Read through the lines below for the string "Runtime" and copy each one that has it.

----

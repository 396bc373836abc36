-- ===== src/Runtime/Either.antt =====
-- Rules for actions of which an error is explained by the call that has failed.
use kitchen_ops.Base.{
  ℕ, suc, ◌+◌, ◌≡◌, ◌<◌, ◌≤◌, refl, Bool, true, false, Option, none, some, Bytes, arith,
}
use kitchen_ops.Runtime.{
  Services, Kitchen, Result, ok, err, Error, driver, Action, and_then, next_call, answer, answer_tx,
  call, on_tx, commit_answer, finish, transaction,
}

-- `P` holds of the result and the state, or the action has failed and `E` holds of the error and
-- the number of calls made.
abbrev pub OnEither :
    {F Q A : Type 0}
    → (Error → ℕ → Type 0)
    → (A → Kitchen F Q → Type 0)
    → Result A × Kitchen F Q
    → Type 0
OnEither E P (ok a, s) = P a s
OnEither E P (err e, s) = E e s.calls

-- When so many calls have been made, the last of them, or one of the `slack` before it, has failed
-- with the text of the error. After a failure a transaction makes one call more, its rollback.
abbrev pub HasFailed : {F Q : Type 0} → Services F Q → ℕ → Error → ℕ → Type 0
HasFailed w slack e calls =
    (n : ℕ) × (text : Bytes) × (w.fails n ≡ some text)
    × (e ≡ driver text)
    × (n < calls)
    × (calls ≤ n + 1 + slack)

failed_now :
    {F Q : Type 0} (w : Services F Q) (slack n : ℕ) (text : Bytes)
    → w.fails n ≡ some text
    → HasFailed w slack (driver text) (n + 1)
failed_now w slack n text failure = (n, text, failure, refl, omega arith, omega arith)

module _ {F Q A B : Type 0} (w : Services F Q) (slack : ℕ) (P : B → Kitchen F Q → Type 0) where
  pub on_tx-OnEither :
      (f : Kitchen F Q → A × Kitchen F Q) (k : A → Action F Q B) (s : Kitchen F Q)
      → s.aborted ≡ false
      → OnEither (HasFailed w slack) P (k (f (next_call s)).0 (f (next_call s)).1)
      → OnEither (HasFailed w slack) P (and_then (on_tx w f s) k)
  unfolding on_tx
  on_tx-OnEither f k s open_tx h = go s.aborted (w.fails s.calls) open_tx refl
    where
      go :
          (aborted : Bool) (failure : Option Bytes)
          → aborted ≡ false
          → w.fails s.calls ≡ failure
          → OnEither (HasFailed w slack) P (and_then (answer_tx aborted failure f (next_call s)) k)
      go true failure a failed = cc
      go false none a quiet = h
      go false (some text) a failed = failed_now w slack s.calls text failed

  pub call-OnEither :
      (f : Kitchen F Q → A × Kitchen F Q) (k : A → Action F Q B) (s : Kitchen F Q)
      → OnEither (HasFailed w slack) P (k (f (next_call s)).0 (f (next_call s)).1)
      → OnEither (HasFailed w slack) P (and_then (call w f s) k)
  unfolding call
  call-OnEither f k s h = go (w.fails s.calls) refl
    where
      go :
          (failure : Option Bytes)
          → w.fails s.calls ≡ failure
          → OnEither (HasFailed w slack) P (and_then (answer failure f (next_call s)) k)
      go none quiet = h
      go (some text) failed = failed_now w slack s.calls text failed

module _ {F Q A B : Type 0} (E : Error → ℕ → Type 0) (R : A → Kitchen F Q → Type 0)
    (P : B → Kitchen F Q → Type 0) where
  pub bind-OnEither :
      (r : Result A × Kitchen F Q) (k : A → Action F Q B)
      → OnEither E R r
      → ((a : A) (s : Kitchen F Q) → R a s → OnEither E P (k a s))
      → OnEither E P (and_then r k)
  bind-OnEither (ok a, s) k h next = next a s h
  bind-OnEither (err e, s) k h next = h

module _ {F Q A : Type 0} (w : Services F Q) (slack : ℕ) (P : A → Kitchen F Q → Type 0) where
  -- A call that stands last.
  pub call_last_either :
      (f : Kitchen F Q → A × Kitchen F Q) (s : Kitchen F Q)
      → P (f (next_call s)).0 (f (next_call s)).1
      → OnEither (HasFailed w slack) P (call w f s)
  unfolding call
  call_last_either f s h = go (w.fails s.calls) refl
    where
      go :
          (failure : Option Bytes)
          → w.fails s.calls ≡ failure
          → OnEither (HasFailed w slack) P (answer failure f (next_call s))
      go none quiet = h
      go (some text) failed = failed_now w slack s.calls text failed

  finish-OnEither :
      (before : Kitchen F Q) (r : Result A × Kitchen F Q)
      → OnEither (HasFailed w slack) (λ a t. (t.aborted ≡ false) × P a (next_call t)) r
      → OnEither (HasFailed w (suc slack)) P (finish w before r)
  finish-OnEither before (ok a, s) (open_tx, h) = go s.aborted (w.fails s.calls) open_tx refl
    where
      go :
          (aborted : Bool) (failure : Option Bytes)
          → aborted ≡ false
          → w.fails s.calls ≡ failure
          → OnEither
              (HasFailed w (suc slack))
              P
              (commit_answer aborted failure before a (next_call s))
      go true failure u failed = cc
      go false none u quiet = h
      go false (some text) u failed = failed_now w (suc slack) s.calls text failed
  finish-OnEither before (err e, s) (n, text, failure, same, below, near) =
      (n, text, failure, same, omega (arith, below), omega (arith, near))

  pub transaction-OnEither :
      (body : Action F Q A) (s : Kitchen F Q)
      → OnEither
          (HasFailed w slack)
          (λ a t. (t.aborted ≡ false) × P a (next_call t))
          (body (record (next_call s) { aborted = false }))
      → OnEither (HasFailed w (suc slack)) P (transaction w body s)
  unfolding transaction call
  transaction-OnEither body s h = go (w.fails s.calls) refl
    where
      go :
          (failure : Option Bytes)
          → w.fails s.calls ≡ failure
          → OnEither (HasFailed w (suc slack)) P (
              and_then
                (answer failure (λ t. (t, record t { aborted = false })) (next_call s))
                (λ before t. finish w before (body t)))
      go none quiet = finish-OnEither (next_call s) _ h
      go (some text) failed = failed_now w (suc slack) s.calls text failed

----

### [Answer to the problem]
-- ===== src/Runtime/Either.antt =====
use kitchen_ops.Runtime.{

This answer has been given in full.